-- INFORMATION PROVIDED follows --

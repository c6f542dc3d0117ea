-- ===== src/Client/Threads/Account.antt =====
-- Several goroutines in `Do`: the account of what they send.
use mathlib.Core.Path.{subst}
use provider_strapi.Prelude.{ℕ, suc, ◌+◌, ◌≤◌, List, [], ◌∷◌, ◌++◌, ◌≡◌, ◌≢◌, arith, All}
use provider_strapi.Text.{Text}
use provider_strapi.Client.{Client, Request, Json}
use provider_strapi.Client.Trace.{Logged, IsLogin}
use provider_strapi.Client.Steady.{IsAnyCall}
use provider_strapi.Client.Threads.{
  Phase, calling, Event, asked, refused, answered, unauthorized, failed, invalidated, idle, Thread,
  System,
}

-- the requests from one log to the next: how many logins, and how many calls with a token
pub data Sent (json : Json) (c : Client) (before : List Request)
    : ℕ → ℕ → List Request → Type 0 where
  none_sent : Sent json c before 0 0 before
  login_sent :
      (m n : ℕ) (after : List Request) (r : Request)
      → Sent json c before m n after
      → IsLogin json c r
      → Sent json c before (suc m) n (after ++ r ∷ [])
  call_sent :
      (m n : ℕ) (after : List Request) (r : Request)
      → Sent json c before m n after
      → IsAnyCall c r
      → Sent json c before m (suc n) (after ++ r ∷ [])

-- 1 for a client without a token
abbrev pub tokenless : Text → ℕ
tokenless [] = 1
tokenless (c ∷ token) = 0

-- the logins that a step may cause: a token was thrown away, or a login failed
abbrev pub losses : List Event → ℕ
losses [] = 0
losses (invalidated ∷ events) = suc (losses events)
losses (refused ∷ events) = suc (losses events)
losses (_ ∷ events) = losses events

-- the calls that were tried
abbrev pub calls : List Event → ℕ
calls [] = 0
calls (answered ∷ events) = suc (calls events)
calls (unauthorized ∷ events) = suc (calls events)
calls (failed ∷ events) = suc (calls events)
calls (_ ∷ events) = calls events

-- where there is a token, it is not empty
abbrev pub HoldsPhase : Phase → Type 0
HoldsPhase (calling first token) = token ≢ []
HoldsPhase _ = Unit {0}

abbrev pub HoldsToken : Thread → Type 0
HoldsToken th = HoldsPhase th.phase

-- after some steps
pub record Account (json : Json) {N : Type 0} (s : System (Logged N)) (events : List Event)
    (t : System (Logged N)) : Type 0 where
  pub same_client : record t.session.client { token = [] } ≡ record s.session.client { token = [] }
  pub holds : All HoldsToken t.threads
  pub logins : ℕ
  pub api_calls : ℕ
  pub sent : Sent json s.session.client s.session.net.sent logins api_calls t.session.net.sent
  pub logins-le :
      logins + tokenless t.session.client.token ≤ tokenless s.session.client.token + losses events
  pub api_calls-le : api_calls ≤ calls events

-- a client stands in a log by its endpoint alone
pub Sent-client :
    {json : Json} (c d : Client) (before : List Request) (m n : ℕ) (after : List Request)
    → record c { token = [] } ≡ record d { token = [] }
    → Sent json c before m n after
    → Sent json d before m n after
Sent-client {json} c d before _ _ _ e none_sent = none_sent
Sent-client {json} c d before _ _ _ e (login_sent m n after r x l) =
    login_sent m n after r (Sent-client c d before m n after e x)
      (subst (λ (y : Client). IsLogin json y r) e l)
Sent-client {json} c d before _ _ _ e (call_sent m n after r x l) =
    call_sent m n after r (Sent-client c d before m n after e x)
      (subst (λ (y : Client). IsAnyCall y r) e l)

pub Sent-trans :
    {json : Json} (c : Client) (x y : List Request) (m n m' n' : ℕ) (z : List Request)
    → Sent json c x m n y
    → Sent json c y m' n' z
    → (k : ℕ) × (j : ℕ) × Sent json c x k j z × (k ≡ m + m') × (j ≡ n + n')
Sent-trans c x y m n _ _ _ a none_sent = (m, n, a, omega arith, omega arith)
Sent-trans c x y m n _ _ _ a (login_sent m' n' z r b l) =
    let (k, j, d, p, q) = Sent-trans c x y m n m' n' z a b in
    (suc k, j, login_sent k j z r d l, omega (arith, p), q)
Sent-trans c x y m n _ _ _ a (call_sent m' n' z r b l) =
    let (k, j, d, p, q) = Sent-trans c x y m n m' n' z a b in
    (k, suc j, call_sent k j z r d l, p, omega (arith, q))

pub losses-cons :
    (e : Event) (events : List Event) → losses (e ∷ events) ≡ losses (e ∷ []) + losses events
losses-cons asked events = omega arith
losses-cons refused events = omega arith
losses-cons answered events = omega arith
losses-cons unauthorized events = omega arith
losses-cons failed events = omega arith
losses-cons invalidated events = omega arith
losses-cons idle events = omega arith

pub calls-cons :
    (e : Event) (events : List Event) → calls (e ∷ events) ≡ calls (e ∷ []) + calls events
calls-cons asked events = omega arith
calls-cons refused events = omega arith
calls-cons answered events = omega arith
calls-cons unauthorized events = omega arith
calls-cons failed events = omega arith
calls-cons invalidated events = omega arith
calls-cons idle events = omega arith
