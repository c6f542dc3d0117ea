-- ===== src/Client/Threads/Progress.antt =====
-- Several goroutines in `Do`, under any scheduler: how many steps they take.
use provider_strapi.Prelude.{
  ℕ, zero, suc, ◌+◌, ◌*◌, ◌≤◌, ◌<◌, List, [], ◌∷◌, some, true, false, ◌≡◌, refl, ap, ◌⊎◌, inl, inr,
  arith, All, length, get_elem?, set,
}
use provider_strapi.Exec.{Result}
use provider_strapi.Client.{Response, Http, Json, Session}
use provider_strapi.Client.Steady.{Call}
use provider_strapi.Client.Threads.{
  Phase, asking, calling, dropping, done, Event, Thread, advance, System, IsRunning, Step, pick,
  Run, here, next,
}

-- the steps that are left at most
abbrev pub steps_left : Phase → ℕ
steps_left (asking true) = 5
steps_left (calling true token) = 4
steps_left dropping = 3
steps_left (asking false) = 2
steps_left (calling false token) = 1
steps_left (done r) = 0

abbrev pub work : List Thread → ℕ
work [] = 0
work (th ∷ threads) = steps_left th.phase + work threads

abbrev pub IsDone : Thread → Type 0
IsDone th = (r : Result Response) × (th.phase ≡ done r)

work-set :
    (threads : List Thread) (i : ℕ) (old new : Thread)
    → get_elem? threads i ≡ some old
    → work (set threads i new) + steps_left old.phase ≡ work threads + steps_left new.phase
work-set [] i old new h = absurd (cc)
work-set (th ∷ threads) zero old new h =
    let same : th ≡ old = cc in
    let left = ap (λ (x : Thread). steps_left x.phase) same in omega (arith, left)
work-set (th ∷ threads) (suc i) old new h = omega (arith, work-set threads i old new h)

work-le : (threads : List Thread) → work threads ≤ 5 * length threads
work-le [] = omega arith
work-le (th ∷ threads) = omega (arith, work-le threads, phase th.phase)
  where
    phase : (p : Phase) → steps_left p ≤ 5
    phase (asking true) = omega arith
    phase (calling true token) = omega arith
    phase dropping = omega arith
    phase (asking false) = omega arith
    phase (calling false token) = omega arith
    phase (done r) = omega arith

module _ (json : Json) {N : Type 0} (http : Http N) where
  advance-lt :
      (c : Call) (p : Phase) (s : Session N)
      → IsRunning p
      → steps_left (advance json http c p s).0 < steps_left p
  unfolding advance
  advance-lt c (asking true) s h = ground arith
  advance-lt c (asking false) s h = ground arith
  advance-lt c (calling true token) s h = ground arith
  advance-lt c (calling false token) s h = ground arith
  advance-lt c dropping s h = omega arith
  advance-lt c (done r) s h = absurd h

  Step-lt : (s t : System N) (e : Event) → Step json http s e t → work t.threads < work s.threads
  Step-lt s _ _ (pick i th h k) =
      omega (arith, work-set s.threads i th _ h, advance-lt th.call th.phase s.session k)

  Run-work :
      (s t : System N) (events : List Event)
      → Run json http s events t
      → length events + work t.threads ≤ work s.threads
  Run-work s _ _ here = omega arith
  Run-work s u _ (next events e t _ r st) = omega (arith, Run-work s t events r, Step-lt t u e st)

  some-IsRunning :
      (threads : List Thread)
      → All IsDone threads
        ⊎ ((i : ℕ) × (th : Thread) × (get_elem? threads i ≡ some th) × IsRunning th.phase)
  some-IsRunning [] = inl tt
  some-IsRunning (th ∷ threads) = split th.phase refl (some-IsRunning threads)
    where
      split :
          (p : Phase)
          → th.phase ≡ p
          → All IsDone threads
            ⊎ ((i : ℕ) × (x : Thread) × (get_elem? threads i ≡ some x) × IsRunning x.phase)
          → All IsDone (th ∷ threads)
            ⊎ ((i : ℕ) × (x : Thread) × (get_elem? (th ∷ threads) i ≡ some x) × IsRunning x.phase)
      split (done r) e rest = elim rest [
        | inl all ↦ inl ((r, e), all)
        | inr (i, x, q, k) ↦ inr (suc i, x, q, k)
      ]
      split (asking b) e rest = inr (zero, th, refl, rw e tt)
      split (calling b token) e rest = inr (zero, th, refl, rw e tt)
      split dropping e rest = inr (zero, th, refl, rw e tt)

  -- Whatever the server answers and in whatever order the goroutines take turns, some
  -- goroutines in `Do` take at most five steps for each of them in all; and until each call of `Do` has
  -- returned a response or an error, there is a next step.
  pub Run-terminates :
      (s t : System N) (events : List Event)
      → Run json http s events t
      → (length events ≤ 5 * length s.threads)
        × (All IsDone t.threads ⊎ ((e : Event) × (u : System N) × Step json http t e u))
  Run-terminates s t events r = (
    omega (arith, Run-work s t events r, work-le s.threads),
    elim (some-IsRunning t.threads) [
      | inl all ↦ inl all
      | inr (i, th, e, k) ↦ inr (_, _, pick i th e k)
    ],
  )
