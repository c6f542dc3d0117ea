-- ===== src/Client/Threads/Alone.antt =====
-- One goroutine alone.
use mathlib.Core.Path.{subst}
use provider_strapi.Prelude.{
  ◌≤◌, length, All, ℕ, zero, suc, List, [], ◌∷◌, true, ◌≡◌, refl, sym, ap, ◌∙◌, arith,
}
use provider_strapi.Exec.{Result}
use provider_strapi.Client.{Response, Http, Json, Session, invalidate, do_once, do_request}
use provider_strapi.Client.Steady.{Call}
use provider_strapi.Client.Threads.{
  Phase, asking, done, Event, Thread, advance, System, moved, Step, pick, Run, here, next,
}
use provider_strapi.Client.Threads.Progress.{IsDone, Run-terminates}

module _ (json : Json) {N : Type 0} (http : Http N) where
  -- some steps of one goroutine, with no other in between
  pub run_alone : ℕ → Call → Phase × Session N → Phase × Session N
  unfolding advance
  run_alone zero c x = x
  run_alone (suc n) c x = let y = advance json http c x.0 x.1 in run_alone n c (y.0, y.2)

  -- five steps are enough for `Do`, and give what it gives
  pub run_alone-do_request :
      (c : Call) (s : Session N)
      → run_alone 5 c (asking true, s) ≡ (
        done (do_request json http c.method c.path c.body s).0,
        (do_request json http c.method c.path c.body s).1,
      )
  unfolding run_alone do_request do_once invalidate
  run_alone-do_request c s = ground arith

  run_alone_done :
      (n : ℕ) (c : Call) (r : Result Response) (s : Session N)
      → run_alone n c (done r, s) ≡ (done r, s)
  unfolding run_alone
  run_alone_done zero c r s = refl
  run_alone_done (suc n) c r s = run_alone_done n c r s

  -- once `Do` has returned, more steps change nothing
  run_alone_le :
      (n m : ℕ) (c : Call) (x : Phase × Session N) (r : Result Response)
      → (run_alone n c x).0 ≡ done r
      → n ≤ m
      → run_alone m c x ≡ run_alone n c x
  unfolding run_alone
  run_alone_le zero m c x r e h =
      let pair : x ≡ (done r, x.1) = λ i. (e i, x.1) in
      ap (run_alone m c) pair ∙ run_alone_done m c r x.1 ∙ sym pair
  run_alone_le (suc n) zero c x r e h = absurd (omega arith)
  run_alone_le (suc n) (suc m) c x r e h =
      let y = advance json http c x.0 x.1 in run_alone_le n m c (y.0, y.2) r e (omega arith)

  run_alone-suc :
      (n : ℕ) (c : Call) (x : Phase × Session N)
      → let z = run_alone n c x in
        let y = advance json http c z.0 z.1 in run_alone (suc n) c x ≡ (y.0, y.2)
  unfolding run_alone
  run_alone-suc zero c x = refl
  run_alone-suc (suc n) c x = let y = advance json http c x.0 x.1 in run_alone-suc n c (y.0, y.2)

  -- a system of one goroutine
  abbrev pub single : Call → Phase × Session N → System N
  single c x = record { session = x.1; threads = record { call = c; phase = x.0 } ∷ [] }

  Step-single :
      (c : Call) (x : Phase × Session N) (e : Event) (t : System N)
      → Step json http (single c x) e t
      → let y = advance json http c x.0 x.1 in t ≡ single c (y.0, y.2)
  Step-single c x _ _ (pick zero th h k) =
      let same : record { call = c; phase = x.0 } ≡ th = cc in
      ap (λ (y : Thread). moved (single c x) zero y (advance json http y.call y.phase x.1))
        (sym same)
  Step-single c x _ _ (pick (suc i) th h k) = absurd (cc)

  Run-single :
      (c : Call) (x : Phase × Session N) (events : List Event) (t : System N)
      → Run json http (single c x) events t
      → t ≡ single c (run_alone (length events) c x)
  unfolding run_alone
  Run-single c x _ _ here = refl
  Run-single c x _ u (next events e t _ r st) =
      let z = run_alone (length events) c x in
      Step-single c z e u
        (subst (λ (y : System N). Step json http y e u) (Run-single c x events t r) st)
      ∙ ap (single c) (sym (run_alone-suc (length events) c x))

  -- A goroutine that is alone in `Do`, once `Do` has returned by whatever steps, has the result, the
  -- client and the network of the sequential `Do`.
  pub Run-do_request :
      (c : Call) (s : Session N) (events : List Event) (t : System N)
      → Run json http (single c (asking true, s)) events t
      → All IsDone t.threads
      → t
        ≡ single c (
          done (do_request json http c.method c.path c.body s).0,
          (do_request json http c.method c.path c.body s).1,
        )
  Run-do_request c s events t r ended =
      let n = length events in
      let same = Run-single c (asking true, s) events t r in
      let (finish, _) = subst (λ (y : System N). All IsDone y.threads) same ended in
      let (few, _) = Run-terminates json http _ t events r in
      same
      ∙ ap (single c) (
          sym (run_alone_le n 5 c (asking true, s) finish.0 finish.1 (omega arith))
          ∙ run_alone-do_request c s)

-- INFORMATION PROVIDED concluded --

→ ASSIGNMENT
Scan the entries above for the line containing "pub run_alone : ℕ", and copy it and all lines after it exactly, down to and including the line containing "run_alone n c x in".

→ COMPLETED EXERCISE
  pub run_alone : ℕ → Call → Phase × Session N → Phase × Session N
  unfolding advance
  run_alone zero c x = x
  run_alone (suc n) c x = let y = advance json http c x.0 x.1 in run_alone n c (y.0, y.2)

  -- five steps are enough for `Do`, and give what it gives
  pub run_alone-do_request :
      (c : Call) (s : Session N)
      → run_alone 5 c (asking true, s) ≡ (
        done (do_request json http c.method c.path c.body s).0,
        (do_request json http c.method c.path c.body s).1,
      )
  unfolding run_alone do_request do_once invalidate
  run_alone-do_request c s = ground arith

  run_alone_done :
      (n : ℕ) (c : Call) (r : Result Response) (s : Session N)
      → run_alone n c (done r, s) ≡ (done r, s)
  unfolding run_alone
  run_alone_done zero c r s = refl
  run_alone_done (suc n) c r s = run_alone_done n c r s

  -- once `Do` has returned, more steps change nothing
  run_alone_le :
      (n m : ℕ) (c : Call) (x : Phase × Session N) (r : Result Response)
      → (run_alone n c x).0 ≡ done r
      → n ≤ m
      → run_alone m c x ≡ run_alone n c x
  unfolding run_alone
  run_alone_le zero m c x r e h =
      let pair : x ≡ (done r, x.1) = λ i. (e i, x.1) in
      ap (run_alone m c) pair ∙ run_alone_done m c r x.1 ∙ sym pair
  run_alone_le (suc n) zero c x r e h = absurd (omega arith)
  run_alone_le (suc n) (suc m) c x r e h =
      let y = advance json http c x.0 x.1 in run_alone_le n m c (y.0, y.2) r e (omega arith)

  run_alone-suc :
      (n : ℕ) (c : Call) (x : Phase × Session N)
      → let z = run_alone n c x in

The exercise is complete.